**** MATERIAL SHOWN ****

-- ===== src/Fat/Dir/Search.antt =====
-- The walks over a directory of ATS/myfat/fat_dir.c against a search of the entries by number.
use ats_ldd.Base.{
  ℕ, zero, suc, ◌+◌, ◌-◌, ◌*◌, ◌<◌, ◌≡◌, refl, sym, ap, ◌∙◌, Bool, true, false, List, Result, ok,
  err, enoent, Option, none, some, if◌then◌else◌, arith,
}
use ats_ldd.Fat.Volume.{Geometry, Device}
use ats_ldd.Fat.Cluster.{FatInode}
use ats_ldd.Fat.Dir.{
  Disk, Address, Cursor, Fetched, entry, no_entry, fat_get_entry, fat_get_short_entry, entry_size,
  msdos_name, rounds, is_short, has_dir, attr_at, subdirs_loop, fat_subdirs, SlotInfo, same_name,
  fat_make_i_pos, scan_loop, fat_scan,
}
use ats_ldd.Fat.Dir.Slots.{IsMapped, entry_count, slot_at, before, next_lem, end_lem}
use ats_ldd.Fat.Dir.First.{
  first, count_if, both, first-range, first-both-none, first-both-some, count_if-both-none,
  count_if-both-some,
}

-- The tests of the walks, by the number of the entry.
abbrev pub short_at : Geometry → (ℕ → ℕ) → Disk → ℕ → Bool
short_at g blocks k i = is_short k (slot_at g blocks i)

abbrev pub dir_at : Geometry → (ℕ → ℕ) → Disk → ℕ → Bool
dir_at g blocks k i = has_dir (attr_at k (slot_at g blocks i))

abbrev pub named_at : Geometry → (ℕ → ℕ) → Disk → List ℕ → ℕ → Bool
named_at g blocks k name i = let a = slot_at g blocks i in same_name k a.0 a.1 msdos_name name

-- What `fat_scan` says of entry `i`.
abbrev pub slot_info : Geometry → (ℕ → ℕ) → ℕ → SlotInfo
slot_info g blocks i = record {
  i_pos = fat_make_i_pos g (slot_at g blocks i);
  slot_off = i * entry_size;
  nr_slots = 1;
  here = slot_at g blocks i;
}

-- A choice of what is seen is what is seen of the choice.
pub see_if {ℓ} :
    {A : Type ℓ} (see : Option ℕ → A) (b : Bool) {x y : A} (j : ℕ) (o : Option ℕ)
    → x ≡ see (some j)
    → y ≡ see o
    → (if b then x else y) ≡ see (if b then some j else o)
see_if see true j o e r = e
see_if see false j o e r = r

-- One round of each walk, by what the call in it gives.
module _ (d : Device) (g : Geometry) (dir : FatInode) (f : ℕ) (k : Disk) (c : Cursor) where
  short_end :
      {pos : ℕ} {k' : Disk}
      → fat_get_entry d g k dir c ≡ (no_entry pos, k')
      → fat_get_short_entry d g (suc f) k dir c ≡ (no_entry pos, k')
  unfolding fat_get_short_entry
  short_end e = ground arith

  short_step :
      {pos : ℕ} {a : Address} {k' : Disk}
      → fat_get_entry d g k dir c ≡ (entry (record { pos = pos; here = some a }), k')
      → fat_get_short_entry d g (suc f) k dir c ≡ (
          if is_short k' a
          then (entry (record { pos = pos; here = some a }), k')
          else fat_get_short_entry d g f k' dir (record { pos = pos; here = some a }))
  unfolding fat_get_short_entry
  short_step e = ground arith

  scan_end :
      {pos : ℕ} {k' : Disk} (name : List ℕ)
      → fat_get_short_entry d g (rounds g dir) k dir c ≡ (no_entry pos, k')
      → scan_loop d g (suc f) k dir name c ≡ (err enoent, k')
  unfolding scan_loop
  scan_end name e = ground arith

  scan_step :
      {pos : ℕ} {a : Address} {k' : Disk} (name : List ℕ)
      → fat_get_short_entry d g (rounds g dir) k dir c
        ≡ (entry (record { pos = pos; here = some a }), k')
      → scan_loop d g (suc f) k dir name c ≡ (
          if same_name k' a.0 a.1 msdos_name name
          then (
            ok (record {
              i_pos = fat_make_i_pos g a;
              slot_off = pos - entry_size;
              nr_slots = 1;
              here = a;
            }),
            k',
          )
          else scan_loop d g f k' dir name (record { pos = pos; here = some a }))
  unfolding scan_loop
  scan_step name e = ground arith

  subdirs_end :
      {pos : ℕ} (count : ℕ) {k' : Disk}
      → fat_get_short_entry d g (rounds g dir) k dir c ≡ (no_entry pos, k')
      → subdirs_loop d g (suc f) k dir c count ≡ (ok count, k')
  unfolding subdirs_loop
  subdirs_end count e = ground arith

  subdirs_step :
      {pos : ℕ} (count : ℕ) {a : Address} {k' : Disk}
      → fat_get_short_entry d g (rounds g dir) k dir c
        ≡ (entry (record { pos = pos; here = some a }), k')
      → subdirs_loop d g (suc f) k dir c count
        ≡ subdirs_loop d g f k' dir
            (record { pos = pos; here = some a })
            ((if has_dir (attr_at k' a) then 1 else 0) + count)
  unfolding subdirs_loop
  subdirs_step count e = ground arith

module _ {d : Device} {g : Geometry} {dir : FatInode} {blocks : ℕ → ℕ} (k : Disk)
    (mapped : IsMapped d g k.vol dir blocks) where
  -- The end of a walk that looks for a short entry.
  abbrev arrived : Option ℕ → Fetched × Disk
  arrived none = (no_entry (entry_count g dir * entry_size), k)
  arrived (some j) = (entry (before g blocks (suc j)), k)

  short_lem :
      (n i f : ℕ)
      → i + n ≡ entry_count g dir
      → n < f
      → fat_get_short_entry d g f k dir (before g blocks i)
        ≡ arrived (first (short_at g blocks k) i n)
  unfolding before
  short_lem n i zero e h = absurd (omega arith)
  short_lem zero i (suc f) e h =
      short_end d g dir f k (before g blocks i) (end_lem mapped i k refl (omega arith))
      ∙ ap (λ (x : ℕ). (no_entry (x * entry_size), k)) (omega arith)
  short_lem (suc n) i (suc f) e h =
      let rest = short_lem n (suc i) f (omega arith) (omega arith) in
      short_step d g dir f k (before g blocks i) (next_lem mapped i k refl (omega arith))
      ∙ see_if arrived (short_at g blocks k i) i (first (short_at g blocks k) (suc i) n) refl rest

  -- What the searches see of one call.
  get_short_lem :
      (n i : ℕ)
      → i + n ≡ entry_count g dir
      → fat_get_short_entry d g (rounds g dir) k dir (before g blocks i)
        ≡ arrived (first (short_at g blocks k) i n)
  get_short_lem n i e = short_lem n i (rounds g dir) e (omega arith)

  abbrev found : Option ℕ → Result SlotInfo × Disk
  found none = (err enoent, k)
  found (some j) = (ok (slot_info g blocks j), k)

  scan_loop_lem :
      (name : List ℕ) (f n i : ℕ)
      → i + n ≡ entry_count g dir
      → n < f
      → scan_loop d g f k dir name (before g blocks i)
        ≡ found (first (both (short_at g blocks k) (named_at g blocks k name)) i n)
  unfolding scan_loop before
  scan_loop_lem name zero n i e h = absurd (omega arith)
  scan_loop_lem name (suc f) n i e h =
      go (λ (m j : ℕ). scan_loop_lem name f m (suc j)) (first (short_at g blocks k) i n) refl
    where
      p : ℕ → Bool
      p = both (short_at g blocks k) (named_at g blocks k name)

      go :
          ((m j : ℕ)
            → suc j + m ≡ entry_count g dir
            → m < f
            → scan_loop d g f k dir name (before g blocks (suc j)) ≡ found (first p (suc j) m))
          → (x : Option ℕ) → first (short_at g blocks k) i n ≡ x
          → scan_loop d g (suc f) k dir name (before g blocks i) ≡ found (first p i n)
      go again none r =
          scan_end d g dir f k (before g blocks i) name (get_short_lem n i e ∙ ap arrived r)
          ∙ sym (ap found (first-both-none (short_at g blocks k) (named_at g blocks k name) i n r))
      go again (some j) r =
          let (l, u, s) = first-range (short_at g blocks k) i n j r in
          let m : ℕ = i + n - suc j in
          let rest = again m j (omega arith) (omega arith) in
          let split =
            first-both-some (short_at g blocks k) (named_at g blocks k name) i n j m r
              (omega arith) in
          scan_step d g dir f k (before g blocks i) name (get_short_lem n i e ∙ ap arrived r)
          ∙ (see_if found (named_at g blocks k name j) j (first p (suc j) m)
                (ap
                  (λ (x : ℕ). (
                    ok (record {
                      i_pos = fat_make_i_pos g (slot_at g blocks j);
                      slot_off = x;
                      nr_slots = 1;
                      here = slot_at g blocks j;
                    }),
                    k,
                  ))
                  (omega arith))
                rest
              ∙ sym (ap found split))

  subdirs_loop_lem :
      (f n i count : ℕ)
      → i + n ≡ entry_count g dir
      → n < f
      → subdirs_loop d g f k dir (before g blocks i) count
        ≡ (ok (count_if (both (short_at g blocks k) (dir_at g blocks k)) i n + count), k)
  unfolding before
  subdirs_loop_lem zero n i count e h = absurd (omega arith)
  subdirs_loop_lem (suc f) n i count e h =
      go (λ (m j c : ℕ). subdirs_loop_lem f m (suc j) c) (first (short_at g blocks k) i n) refl
    where
      p : ℕ → Bool
      p = both (short_at g blocks k) (dir_at g blocks k)

      go :
          ((m j c : ℕ)
            → suc j + m ≡ entry_count g dir
            → m < f
            → subdirs_loop d g f k dir (before g blocks (suc j)) c
              ≡ (ok (count_if p (suc j) m + c), k))
          → (x : Option ℕ) → first (short_at g blocks k) i n ≡ x
          → subdirs_loop d g (suc f) k dir (before g blocks i) count
            ≡ (ok (count_if p i n + count), k)
      go again none r =
          let nothing = count_if-both-none (short_at g blocks k) (dir_at g blocks k) i n r in
          subdirs_end d g dir f k (before g blocks i) count (get_short_lem n i e ∙ ap arrived r)
          ∙ ap (λ (x : ℕ). (ok x, k)) (omega arith)
      go again (some j) r =
          let (l, u, s) = first-range (short_at g blocks k) i n j r in
          let m : ℕ = i + n - suc j in
          let split =
            count_if-both-some (short_at g blocks k) (dir_at g blocks k) i n j m r (omega arith) in
          subdirs_step d g dir f k (before g blocks i) count (get_short_lem n i e ∙ ap arrived r)
          ∙ (again m j _ (omega arith) (omega arith) ∙ ap (λ (x : ℕ). (ok x, k)) (omega arith))

-- In a directory whose blocks are mapped apart and can be read, `fat_scan` returns, leaves the disk
-- as it is, and gives the first entry, by number, that is short and bears the name, with its
-- address, its offset and one slot; without such an entry it gives -ENOENT.
pub fat_scan_first :
    (d : Device) (g : Geometry) (k : Disk) (dir : FatInode) (blocks : ℕ → ℕ) (name : List ℕ)
    → IsMapped d g k.vol dir blocks
    → fat_scan d g k dir name ≡ (
      elim (first (both (short_at g blocks k) (named_at g blocks k name)) 0 (entry_count g dir)) [
        | none ↦ err enoent
        | some j ↦ ok (slot_info g blocks j)
      ],
      k,
    )
unfolding fat_scan before
fat_scan_first d g k dir blocks name mapped =
    scan_loop_lem k mapped name (rounds g dir) (entry_count g dir) 0 (omega arith) (omega arith)
    ∙ spread (first (both (short_at g blocks k) (named_at g blocks k name)) 0 (entry_count g dir))
  where
    spread :
        (o : Option ℕ)
        → found k mapped o ≡ (elim o [ none ↦ err enoent | some j ↦ ok (slot_info g blocks j) ], k)
    spread none = refl
    spread (some j) = refl

-- In a directory whose blocks are mapped apart and can be read, `fat_subdirs` returns, leaves the
-- disk as it is, and counts the entries that are short and have the directory attribute.
pub fat_subdirs_count :
    (d : Device) (g : Geometry) (k : Disk) (dir : FatInode) (blocks : ℕ → ℕ)
    → IsMapped d g k.vol dir blocks
    → fat_subdirs d g k dir
      ≡ (ok (count_if (both (short_at g blocks k) (dir_at g blocks k)) 0 (entry_count g dir)), k)
unfolding fat_subdirs before
fat_subdirs_count d g k dir blocks mapped =
    subdirs_loop_lem k mapped (rounds g dir) (entry_count g dir) 0 0 (omega arith) (omega arith)
    ∙ ap (λ (x : ℕ). (ok x, k)) (omega arith)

****

Where the line with "see (some j)" ends, your copy should end too; please return exactly the lines from the first line of the data through it.

■ **RESULT**
-- ===== src/Fat/Dir/Search.antt =====
-- The walks over a directory of ATS/myfat/fat_dir.c against a search of the entries by number.
use ats_ldd.Base.{
  ℕ, zero, suc, ◌+◌, ◌-◌, ◌*◌, ◌<◌, ◌≡◌, refl, sym, ap, ◌∙◌, Bool, true, false, List, Result, ok,
  err, enoent, Option, none, some, if◌then◌else◌, arith,
}
use ats_ldd.Fat.Volume.{Geometry, Device}
use ats_ldd.Fat.Cluster.{FatInode}
use ats_ldd.Fat.Dir.{
  Disk, Address, Cursor, Fetched, entry, no_entry, fat_get_entry, fat_get_short_entry, entry_size,
  msdos_name, rounds, is_short, has_dir, attr_at, subdirs_loop, fat_subdirs, SlotInfo, same_name,
  fat_make_i_pos, scan_loop, fat_scan,
}
use ats_ldd.Fat.Dir.Slots.{IsMapped, entry_count, slot_at, before, next_lem, end_lem}
use ats_ldd.Fat.Dir.First.{
  first, count_if, both, first-range, first-both-none, first-both-some, count_if-both-none,
  count_if-both-some,
}

-- The tests of the walks, by the number of the entry.
abbrev pub short_at : Geometry → (ℕ → ℕ) → Disk → ℕ → Bool
short_at g blocks k i = is_short k (slot_at g blocks i)

abbrev pub dir_at : Geometry → (ℕ → ℕ) → Disk → ℕ → Bool
dir_at g blocks k i = has_dir (attr_at k (slot_at g blocks i))

abbrev pub named_at : Geometry → (ℕ → ℕ) → Disk → List ℕ → ℕ → Bool
named_at g blocks k name i = let a = slot_at g blocks i in same_name k a.0 a.1 msdos_name name

-- What `fat_scan` says of entry `i`.
abbrev pub slot_info : Geometry → (ℕ → ℕ) → ℕ → SlotInfo
slot_info g blocks i = record {
  i_pos = fat_make_i_pos g (slot_at g blocks i);
  slot_off = i * entry_size;
  nr_slots = 1;
  here = slot_at g blocks i;
}

-- A choice of what is seen is what is seen of the choice.
pub see_if {ℓ} :
    {A : Type ℓ} (see : Option ℕ → A) (b : Bool) {x y : A} (j : ℕ) (o : Option ℕ)
    → x ≡ see (some j)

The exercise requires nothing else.